Os sentidos de uma inovação no contexto da alfabetização

Editorial do Letra A 51


     

Letra A • Sexta-feira, 21 de Dezembro de 2018, 16:07:00

 
Gilcinei Carvalho e Isabel Frade - editores pedagógicos do Letra A
 
A inovação na alfabetização pode ser identificada especificamente em aspectos que envolvem o processo de ensino e de aprendizagem da língua escrita e, mais amplamente, em questões educacionais relacionadas ao processo de escolarização. Também pode ser avaliada em relação a ideologias ou práticas que dimensionam certas expectativas produzidas pela sociedade e que, portanto, não se limitam ao contexto escolar. No entanto, as inovações no campo da alfabetização são historicamente relacionadas à sua transferência da esfera doméstica para a esfera das instituições escolares. A alfabetização passa, então, a ser uma das primordiais funções da escolarização. Assim, é a escola que faz surgir os métodos apropriados ao seu contexto de ensino e de aprendizagem. 
 
Entre o século XIX e o final do século XX, a divisão entre ‘tradicional’ e ‘moderno’ produziu cisões entre defensores de certos métodos, evidenciando posicionamentos teóricos diferenciados e produzindo certas práticas pedagógicas.

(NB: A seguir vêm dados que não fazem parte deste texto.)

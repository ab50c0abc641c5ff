-- ===== src/Tests/Loop.antt =====
-- A run of two turns: the model reads a file, then answers.
use mow.Prelude.{
  ℕ, ◌+◌, ◌≡◌, ◌≤◌, refl, max, Bool, true, false, List, [], ◌∷◌, Option, none, some, arith, length,
  replicate, Str, codes, str_eq, Result, ok,
}
use mathlib.Core.Path.{subst}
use mow.Agent.Messages.{ToolCall, Message, Err, is_tool, tool_result, plain, truncated}
use mow.Agent.Truncate.{truncated_marker, truncate_tool_result, untrusted_close, has_suffix, framed}
use mow.Agent.Truncate.Frames.{truncate_tool_result-bound, truncate_tool_result-stable}
use mow.Agent.Tools.{PreTool, Hooks, Tool, Context}
use mow.Agent.Tools.Exec.{ToolSlot, soft, find_tool, exec_one_tool}
use mow.Agent.Tools.Slots.{Holds, Keeps, exec_one_tool-slots}
use mow.Agent.History.{ids_of, Replayable, scan}
use mow.Agent.Batch.{Surroundings, run_tool_batch}
use mow.Agent.Batch.Answers.{IsOrderly, IsComplete, IsAnswer}
use mow.Agent.Batch.Complete.{run_tool_batch-IsComplete}
use mow.Agent.Loop.{Options, Pass, Loop, Finish, Round, stop, again, answer, next_turn, spoken}
use mow.Agent.Think.{visible}
use mow.Agent.Loop.Turn.{err_cut_arguments, on_reply, with_calls, cut_batch, run_tools, after_tools}
use mow.Agent.Loop.Passes.{pass, gate, call_model}
use mow.Agent.Loop.Run.{start, run}
use mow.Agent.Loop.Turned.{IsCounted}
use mow.Agent.Loop.Bounds.{interrupts, Advances, pass-Advances}
use mow.Agent.Loop.Total.{run-ends}
use mow.Agent.Loop.Cuts.{told, on_reply-cut_twice}
use mow.Agent.Loop.Replay.{IsHonest}
use mow.Agent.Loop.Histories.{run-Replays}

abbrev long_text : Str
long_text = replicate 420 b'a'

truncate_tool_result-bound_example :
    (length (truncate_tool_result long_text 30) ≤ max 30 21 + length truncated_marker)
    × (length long_text ≤ 30 → truncate_tool_result long_text 30 ≡ long_text)
    × (framed long_text ≡ true
        → has_suffix (truncate_tool_result long_text 30) untrusted_close ≡ true)
truncate_tool_result-bound_example = truncate_tool_result-bound long_text 30 (omega arith)

truncate_tool_result-stable_example :
    truncate_tool_result (truncate_tool_result long_text 400) 400
    ≡ truncate_tool_result long_text 400
truncate_tool_result-stable_example =
    truncate_tool_result-stable long_text 400 (omega arith) (omega arith)

abbrev read_call : ToolCall
read_call = record {
  id = codes "1";
  name = codes "read";
  arguments = codes "{}";
  thought_signature = [];
}

abbrev read_tool : Tool
read_tool = record {
  name = codes "read";
  exec = λ args. (codes "text", none);
  untrusted = false;
  sequential = false;
  max_parallel = 0;
  post_batch_context = [];
}

abbrev alive : Context
alive = record { at_start = none; after_exec = none }

abbrev allows : Str → Option Err
allows name = none

abbrev no_hooks : Hooks
no_hooks = record { pre_tool = []; post_tool = [] }

abbrev halting : PreTool
halting name args id = ok (record {
  deny = false;
  message = codes "stop here";
  args = [];
  rewrite_args = false;
  additional_context = [];
  halt = true;
})

abbrev halting_hooks : Hooks
halting_hooks = record { pre_tool = halting ∷ []; post_tool = [] }

abbrev halted_call : ToolSlot
halted_call =
    exec_one_tool (λ s. s) (λ n s. []) allows (read_tool ∷ []) halting_hooks [] 1000 alive read_call

exec_one_tool-slots_example :
    Holds read_call halted_call
    × Keeps (allows read_call.name) (find_tool (read_tool ∷ []) read_call.name) halted_call
exec_one_tool-slots_example =
    exec_one_tool-slots (λ s. s) (λ n s. []) allows (read_tool ∷ []) halting_hooks [] 1000 alive
      read_call

abbrev read_slot : ToolCall → ToolSlot
read_slot tc = soft (tool_result tc.id tc.name (codes "text")) false

read_slot-IsAnswer :
    (tc : ToolCall) (m : Message) (d : Bool) → read_slot tc ≡ soft m d → IsAnswer tc m
unfolding is_tool str_eq
read_slot-IsAnswer tc m d e =
    let h : Holds tc (soft m d) = subst (Holds tc) e (refl, refl, refl, refl) in (h.0, h.1)

abbrev surroundings : Surroundings
surroundings = record {
  at_start = none;
  cancelled = λ i. none;
  exec = read_slot;
  schedule = record { slot = read_slot; first = none; at_end = none };
}

surroundings-IsOrderly : IsOrderly surroundings
surroundings-IsOrderly = record {
  answers = read_slot-IsAnswer;
  failures = λ tc e h. absurd (cc);
  contexts = λ i e h. absurd (cc);
  start = λ e h. absurd (cc);
  slots = read_slot-IsAnswer;
  firsts = λ e h. absurd (cc);
  ends = λ e h. absurd (cc);
  complete = λ f a tc. (_, _, refl);
}

run_tool_batch-IsComplete_example :
    IsComplete
      (ids_of (read_call ∷ []))
      (run_tool_batch (read_tool ∷ []) 0 surroundings (read_call ∷ []))
run_tool_batch-IsComplete_example =
    run_tool_batch-IsComplete (read_tool ∷ []) 0 surroundings surroundings-IsOrderly
      (read_call ∷ [])

-- The model's replies: a call while no tool has answered, then the answer.
abbrev reply : List Message → Message
reply [] = plain (codes "assistant") false (codes "hello")
reply (m ∷ []) = record (plain (codes "assistant") false (codes "reading")) {
  tool_calls = read_call ∷ [];
}
reply (m ∷ n ∷ ms) = plain (codes "assistant") false (codes "the file says text")

abbrev replied : List Message → Result Err Message
replied ms = ok (reply ms)

-- No compaction.
abbrev kept : List Message → Result Err (List Message × Bool)
kept ms = ok (ms, false)

abbrev the_pass : Pass
the_pass = record {
  cancelled = none;
  compact = kept;
  pre_model = [];
  chat = replied;
  alive = true;
  steers_mid_call = [];
  shrink = λ ms sent. kept ms;
  before_finish = [];
  surroundings = surroundings;
  explored = λ calls results. [];
  after_turn_decide = [];
  steers_at_end = [];
}

abbrev options : Options
options = record {
  turn_limit = 3;
  tools = read_tool ∷ [];
  max_parallel_tools = 0;
  normal_args = λ name args. args;
  hash = λ s. s;
  tool_chars = 100;
}

start-IsCounted : IsCounted (start [])
start-IsCounted = record {
  continuations = omega arith;
  cuts = omega arith;
  retries = omega arith;
  barren = omega arith;
}

pass-Advances_example : Advances (interrupts the_pass) (start []) (pass options the_pass (start []))
pass-Advances_example = pass-Advances options the_pass (start []) start-IsCounted

never_steered : (i : ℕ) → 0 ≤ i → interrupts the_pass ≡ 0
unfolding spoken
never_steered i h = refl

run-ends_result :
    (f : Finish) × (run options (λ i. the_pass) 6 [] [] (codes "read the file") ≡ some f)
run-ends_result =
    run-ends options (λ i. the_pass) 0 (omega arith) never_steered 6 [] [] (codes "read the file")
      (omega arith)

run-ends_example :
    (f : Finish) × (run options (λ i. the_pass) 6 [] [] (codes "read the file") ≡ some f)
run-ends_example =
    run-ends options (λ i. the_pass) 0 (omega arith) never_steered 6 [] [] (codes "read the file")
      (omega arith)

reply-no_tool : (ms : List Message) (m : Message) → replied ms ≡ ok m → is_tool m ≡ false
unfolding is_tool str_eq
reply-no_tool [] m e = let same : reply [] ≡ m = cc in rw⁻¹ same refl
reply-no_tool (x ∷ []) m e = let same : reply (x ∷ []) ≡ m = cc in rw⁻¹ same refl
reply-no_tool (x ∷ y ∷ ms) m e = let same : reply (x ∷ y ∷ ms) ≡ m = cc in rw⁻¹ same refl

same-Replayable :
    (ms send : List Message) (did : Bool)
    → kept ms ≡ ok (send, did)
    → Replayable ms
    → Replayable send
same-Replayable ms send did e r = let same : ms ≡ send = cc in subst Replayable same r

the_pass-IsHonest : IsHonest the_pass
the_pass-IsHonest = record {
  compacts = same-Replayable;
  shrinks = λ ms sent. same-Replayable ms;
  replies = reply-no_tool;
  orderly = surroundings-IsOrderly;
}

run-Replays_example : Replayable (Finish.messages run-ends_result.0)
unfolding scan
run-Replays_example =
    run-Replays options (λ i. the_pass) (λ i. the_pass-IsHonest) 6 [] [] (codes "read the file")
      run-ends_result.0 ([], refl) run-ends_result.1

abbrev cut_reply : Message
cut_reply = record (reply (reply [] ∷ [])) { stop_reason = codes "length" }

abbrev reading : Pass
reading = record the_pass { chat = λ ms. ok (reply (reply [] ∷ [])) }

abbrev next_of : Round → Loop
next_of (again l) = l
next_of (stop f) = start []

-- The state behind the first cut reply, and behind a batch of tools that runs next.
abbrev told_once : Loop
told_once = next_turn (told options the_pass (start []) cut_reply)

abbrev worked : Loop
worked = next_of (pass options reading told_once)

on_reply-cut_twice_example :
    (told_once ≡ next_turn (told options the_pass (start []) cut_reply))
    × (on_reply options reading worked cut_reply
        ≡ stop (
            answer
              (told options reading worked cut_reply)
              (record cut_reply { content = visible cut_reply.content })
              (some (err_cut_arguments options (worked.truncated_batches + 1)))))
unfolding truncated str_eq on_reply with_calls cut_batch pass gate call_model run_tools after_tools
on_reply-cut_twice_example =
    on_reply-cut_twice options the_pass reading (reading ∷ []) (start []) told_once worked cut_reply
      cut_reply start-IsCounted refl refl refl (worked, refl, refl) refl refl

Em meados da década de 1980, começa um movimento de negação dos métodos, capitaneado por alguns dos fundamentos produzidos por teorias construtivistas que evidenciaram que ‘não só de métodos vive a alfabetização’. A questão da necessidade de metodologias, agora no plural, estabelece um novo movimento no século XXI e ajuda a relativizar uma divisão polarizada entre o ‘tradicional’ e o ‘moderno’. 
 
Nesse sentido, sem tirar o mérito dos avanços teóricos e pedagógicos produzido pelas discussões sobre os métodos e sem tirar a presença do bom senso dos professores em problematizar essas questões, pode-se dizer que a oposição entre ‘novo’ e ‘velho’, entre ‘tradição’ e ‘inovação’ tende a limitar o debate. Essa limitação pode ser reconhecida pelo realce exagerado que se atribui à pedagogia escolar, mistificando-se, de forma simplista, certas soluções e menosprezando-se a relação constitutiva entre sociedade e alfabetização.
 
Se a mistificação ocorre especialmente na alfabetização, considerando seus conteúdos e modos de ensinar e aprender no período inicial de aprendizagem, isso não ocorre apenas pelas motivações internas ao campo, mas também pelas inovações ou avanços promovidos sobre as teorias de aprendizagem e sobre as metodologias. Esse foi o caso das relações estabelecidas, no Brasil, entre o ensino mecânico e por decoração e o método alfabético, entre o paradigma intuitivo e os métodos analíticos, entre o paradigma da escola ativa  e os métodos globais, entre as metodologias de alfabetização  e aqueles que mostram a importância do sentido das aprendizagens. Nessa última perspectiva podem ser citadas as metodologias de projeto, os jogos, as sequências didáticas. Ao seguir essa última tendência, são adotadas perspectivas amplas de alfabetização. Todo alfabetizador sabe que algo específico tem de ser feito, dentro dessas metodologias, para que as crianças se alfabetizem. Essa abordagem específica pode ser chamada de “o próprio do período de alfabetização” e esse próprio tem raízes na tradição, por causa da permanência de determinadas questões em função, por exemplo, da natureza do objeto de ensino. 
 
Em algumas situações, a inovação na alfabetização pode ser interpretada como uma “volta ao passado”, representando uma forma de resolver questões contemporâneas. Essa também é outra mistificação, especialmente quando as questões pedagógicas são enquadradas sem uma adequada contextualização social e histórica. Para alterar os índices de alfabetização, no Brasil, no último século, foi necessária a garantia de muitos direitos sociais à moradia, à escola, ao trabalho e ao acesso a bens culturais. Ou seja, a melhoria na alfabetização não se decreta por dentro nem por inovações pontuais; é fenômeno complexo decorrente de fatores sociais, políticos, econômicos e culturais. Considerar esses inúmeros fatores é certamente relativizar uma solução que aponta o caminho da “volta ao passado”.
 
Se a alfabetização também dialoga com o funcionamento da cultura escrita e acompanha os sentidos dados à escrita em cada tempo, são muitos os apelos externos para avançar na forma de considerá-la. Quais os usos da escrita? Que novos suportes e contextos desses usos? Que novas linguagens dialogam com a alfabetização? As respostas a essas perguntas não são simples. Por essa razão, um melhor modo de enquadramento das questões que envolvem a alfabetização necessariamente passa por um diálogo mais constitutivo entre a escola e a sociedade, assumindo-se que a própria concepção de alfabetização vai se alterando em relação ao contexto sócio-histórico que favorece ou desfavorece certas políticas de ensino.